> Problem details: Copy, exactly and without additions, every line in the records below from the one holding "read_text-after true rest" through the one holding "any_text p, rest)) (read_pattern_body after value)", both ends included.

> Data excerpts:
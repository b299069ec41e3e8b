-- ===== src/Alerts/Conditions/Literals.antt =====
-- alerts/alerts_utils.rs: the literals of a condition read as the value that they are made of.
use parseable.Prelude.{
  append_assoc, ℕ, ◌≡◌, refl, ap, ◌∙◌, sym, Bool, true, false, ◌||◌, Option, some, List, [], ◌∷◌,
  ◌++◌, map, if◌then◌else◌, eqb, arith,
}
use parseable.Alerts.Conditions.{
  quote, percent, underscore, backslash, replace, escape_like, string_literal, like_literal,
}
use parseable.Alerts.Conditions.Reading.{
  Token, character, any_text, push, read_text, push_token, read_pattern, pattern_and_rest,
  read_literal, read_like, IsClear, goes_on,
}

abbrev push_all : List ℕ → Option (List ℕ × List ℕ) → Option (List ℕ × List ℕ)
push_all [] o = o
push_all (c ∷ cs) o = push c (push_all cs o)

abbrev push_literal : List ℕ → Option (List Token) → Option (List Token)
push_literal [] o = o
push_literal (c ∷ cs) o = push_token (character c) (push_literal cs o)

replace-append :
    (from : ℕ) (to xs ys : List ℕ)
    → replace from to (xs ++ ys) ≡ replace from to xs ++ replace from to ys
unfolding replace
replace-append from to [] ys = refl
replace-append from to (x ∷ xs) ys =
    ap (λ l. (if eqb x from then to else x ∷ []) ++ l) (replace-append from to xs ys)
    ∙ sym
        (append_assoc (if eqb x from then to else x ∷ []) (replace from to xs) (replace from to ys))

escape_like-append : (xs ys : List ℕ) → escape_like (xs ++ ys) ≡ escape_like xs ++ escape_like ys
unfolding escape_like
escape_like-append xs ys =
    ap (λ l. third (second (first l))) (replace-append backslash (backslash ∷ backslash ∷ []) xs ys)
    ∙ ap (λ l. third (second l)) (replace-append quote (quote ∷ quote ∷ []) (zeroth xs) (zeroth ys))
    ∙ ap third
        (replace-append percent (backslash ∷ percent ∷ []) (first (zeroth xs)) (first (zeroth ys)))
    ∙ replace-append underscore (backslash ∷ underscore ∷ []) (second (first (zeroth xs)))
        (second (first (zeroth ys)))
  where
    zeroth : List ℕ → List ℕ
    zeroth l = replace backslash (backslash ∷ backslash ∷ []) l

    first : List ℕ → List ℕ
    first l = replace quote (quote ∷ quote ∷ []) l

    second : List ℕ → List ℕ
    second l = replace percent (backslash ∷ percent ∷ []) l

    third : List ℕ → List ℕ
    third l = replace underscore (backslash ∷ underscore ∷ []) l

-- The pattern that a character of the value becomes, once the literal is read.
abbrev as_pattern : ℕ → List ℕ
as_pattern c =
    if eqb c backslash || eqb c percent || eqb c underscore then backslash ∷ c ∷ [] else c ∷ []

read_escaped :
    (c : ℕ) (cs : List ℕ)
    → read_text false (escape_like (c ∷ []) ++ cs) ≡ push_all (as_pattern c) (read_text false cs)
unfolding escape_like replace
read_escaped c cs = ground arith

read_as_pattern :
    (c : ℕ) (cs : List ℕ)
    → read_pattern false (as_pattern c ++ cs) ≡ push_token (character c) (read_pattern false cs)
read_as_pattern c cs = ground arith

abbrev pattern_text : List ℕ → List ℕ
pattern_text [] = []
pattern_text (c ∷ cs) = as_pattern c ++ pattern_text cs

push_all-append :
    (xs ys : List ℕ) (o : Option (List ℕ × List ℕ))
    → push_all (xs ++ ys) o ≡ push_all xs (push_all ys o)
push_all-append [] ys o = refl
push_all-append (x ∷ xs) ys o = ap (push x) (push_all-append xs ys o)

push_all-some : (xs text rest : List ℕ) → push_all xs (some (text, rest)) ≡ some (xs ++ text, rest)
push_all-some [] text rest = refl
push_all-some (x ∷ xs) text rest = ap (push x) (push_all-some xs text rest)

push_literal-some :
    (xs : List ℕ) (ts : List Token) → push_literal xs (some ts) ≡ some (map character xs ++ ts)
push_literal-some [] ts = refl
push_literal-some (x ∷ xs) ts = ap (push_token (character x)) (push_literal-some xs ts)

read_text-escape_like :
    (value tail : List ℕ)
    → read_text false (escape_like value ++ tail)
      ≡ push_all (pattern_text value) (read_text false tail)
unfolding escape_like replace
read_text-escape_like [] tail = refl
read_text-escape_like (c ∷ cs) tail =
    ap (λ l. read_text false (l ++ tail)) (escape_like-append (c ∷ []) cs)
    ∙ ap (read_text false) (append_assoc (escape_like (c ∷ [])) (escape_like cs) tail)
    ∙ read_escaped c (escape_like cs ++ tail)
    ∙ ap (push_all (as_pattern c)) (read_text-escape_like cs tail)
    ∙ sym (push_all-append (as_pattern c) (pattern_text cs) (read_text false tail))

read_pattern-pattern_text :
    (value tail : List ℕ)
    → read_pattern false (pattern_text value ++ tail) ≡ push_literal value (read_pattern false tail)
read_pattern-pattern_text [] tail = refl
read_pattern-pattern_text (c ∷ cs) tail =
    ap (read_pattern false) (append_assoc (as_pattern c) (pattern_text cs) tail)
    ∙ read_as_pattern c (pattern_text cs ++ tail)
    ∙ ap (push_token (character c)) (read_pattern-pattern_text cs tail)

-- A quote ends the literal where what follows is clear.
read_text-quote : (rest : List ℕ) → IsClear rest → read_text false (quote ∷ rest) ≡ some ([], rest)
read_text-quote [] clear = refl
read_text-quote (c ∷ cs) (goes_on e) = ground arith

abbrev wildcard : Bool → List ℕ
wildcard b = if b then percent ∷ [] else []

abbrev pub any_if : Bool → List Token
any_if b = if b then any_text ∷ [] else []

read_text-after :
    (after : Bool) (rest : List ℕ)
    → IsClear rest
    → read_text false (wildcard after ++ (quote ∷ rest)) ≡ some (wildcard after, rest)
read_text-after true rest clear = ap (push percent) (read_text-quote rest clear)
read_text-after false rest clear = read_text-quote rest clear

-- The text after the first wildcard.
read_body :
    (after : Bool) (value rest : List ℕ)
    → IsClear rest
    → read_text false (((escape_like value ++ wildcard after) ++ quote ∷ []) ++ rest)
      ≡ some (pattern_text value ++ wildcard after, rest)
read_body after value rest clear =
    ap (read_text false) (
      append_assoc (escape_like value ++ wildcard after) (quote ∷ []) rest
      ∙ append_assoc (escape_like value) (wildcard after) (quote ∷ rest))
    ∙ read_text-escape_like value (wildcard after ++ (quote ∷ rest))
    ∙ ap (push_all (pattern_text value)) (read_text-after after rest clear)
    ∙ push_all-some (pattern_text value) (wildcard after) rest

read_pattern_body :
    (after : Bool) (value : List ℕ)
    → read_pattern false (pattern_text value ++ wildcard after)
      ≡ some (map character value ++ any_if after)
read_pattern_body after value =
    read_pattern-pattern_text value (wildcard after)
    ∙ ap (push_literal value) (last after)
    ∙ push_literal-some value (any_if after)
  where
    last : (b : Bool) → read_pattern false (wildcard b) ≡ some (any_if b)
    last true = refl
    last false = refl

read_like-like_literal :
    (before after : Bool) (value rest : List ℕ)
    → IsClear rest
    → read_like (like_literal before after value ++ rest)
      ≡ some (some (any_if before ++ (map character value ++ any_if after)), rest)
unfolding read_like read_literal like_literal
read_like-like_literal true after value rest clear =
    ap (λ o. pattern_and_rest (push percent o)) (read_body after value rest clear)
    ∙ ap (λ p. some (push_token any_text p, rest)) (read_pattern_body after value)
read_like-like_literal false after value rest clear =
    ap pattern_and_rest (read_body after value rest clear)
    ∙ ap (λ p. some (p, rest)) (read_pattern_body after value)

read_doubled :
    (value rest : List ℕ)
    → IsClear rest
    → read_text false ((replace quote (quote ∷ quote ∷ []) value ++ quote ∷ []) ++ rest)
      ≡ some (value, rest)
unfolding replace
read_doubled [] rest clear = read_text-quote rest clear
read_doubled (c ∷ cs) rest clear = ground (arith, read_doubled cs rest clear)

-- The value of a condition stays a value: the string literal that it is formatted as reads as the
-- value and ends where the code ends it, and the literal of a pattern reads as the pattern of the
-- characters of the value, each standing for itself, with any text before or after it where the code
-- puts a `%`; no quote, `%`, `_` or `\` of the value changes this.
pub literals_read_back :
    (value rest : List ℕ)
    → IsClear rest
    → (read_literal (string_literal value ++ rest) ≡ some (value, rest))
      × ((before after : Bool)
          → read_like (like_literal before after value ++ rest)
            ≡ some (some (any_if before ++ (map character value ++ any_if after)), rest))
unfolding read_literal string_literal
literals_read_back value rest clear = (
  read_doubled value rest clear,
  λ before after. read_like-like_literal before after value rest clear,
)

> Result for this exercise:
read_text-after true rest clear = ap (push percent) (read_text-quote rest clear)
read_text-after false rest clear = read_text-quote rest clear

-- The text after the first wildcard.
read_body :
    (after : Bool) (value rest : List ℕ)
    → IsClear rest
    → read_text false (((escape_like value ++ wildcard after) ++ quote ∷ []) ++ rest)
      ≡ some (pattern_text value ++ wildcard after, rest)
read_body after value rest clear =
    ap (read_text false) (
      append_assoc (escape_like value ++ wildcard after) (quote ∷ []) rest
      ∙ append_assoc (escape_like value) (wildcard after) (quote ∷ rest))
    ∙ read_text-escape_like value (wildcard after ++ (quote ∷ rest))
    ∙ ap (push_all (pattern_text value)) (read_text-after after rest clear)
    ∙ push_all-some (pattern_text value) (wildcard after) rest

read_pattern_body :
    (after : Bool) (value : List ℕ)
    → read_pattern false (pattern_text value ++ wildcard after)
      ≡ some (map character value ++ any_if after)
read_pattern_body after value =
    read_pattern-pattern_text value (wildcard after)
    ∙ ap (push_literal value) (last after)
    ∙ push_literal-some value (any_if after)
  where
    last : (b : Bool) → read_pattern false (wildcard b) ≡ some (any_if b)
    last true = refl
    last false = refl

read_like-like_literal :
    (before after : Bool) (value rest : List ℕ)
    → IsClear rest
    → read_like (like_literal before after value ++ rest)
      ≡ some (some (any_if before ++ (map character value ++ any_if after)), rest)
unfolding read_like read_literal like_literal
read_like-like_literal true after value rest clear =
    ap (λ o. pattern_and_rest (push percent o)) (read_body after value rest clear)
    ∙ ap (λ p. some (push_token any_text p, rest)) (read_pattern_body after value)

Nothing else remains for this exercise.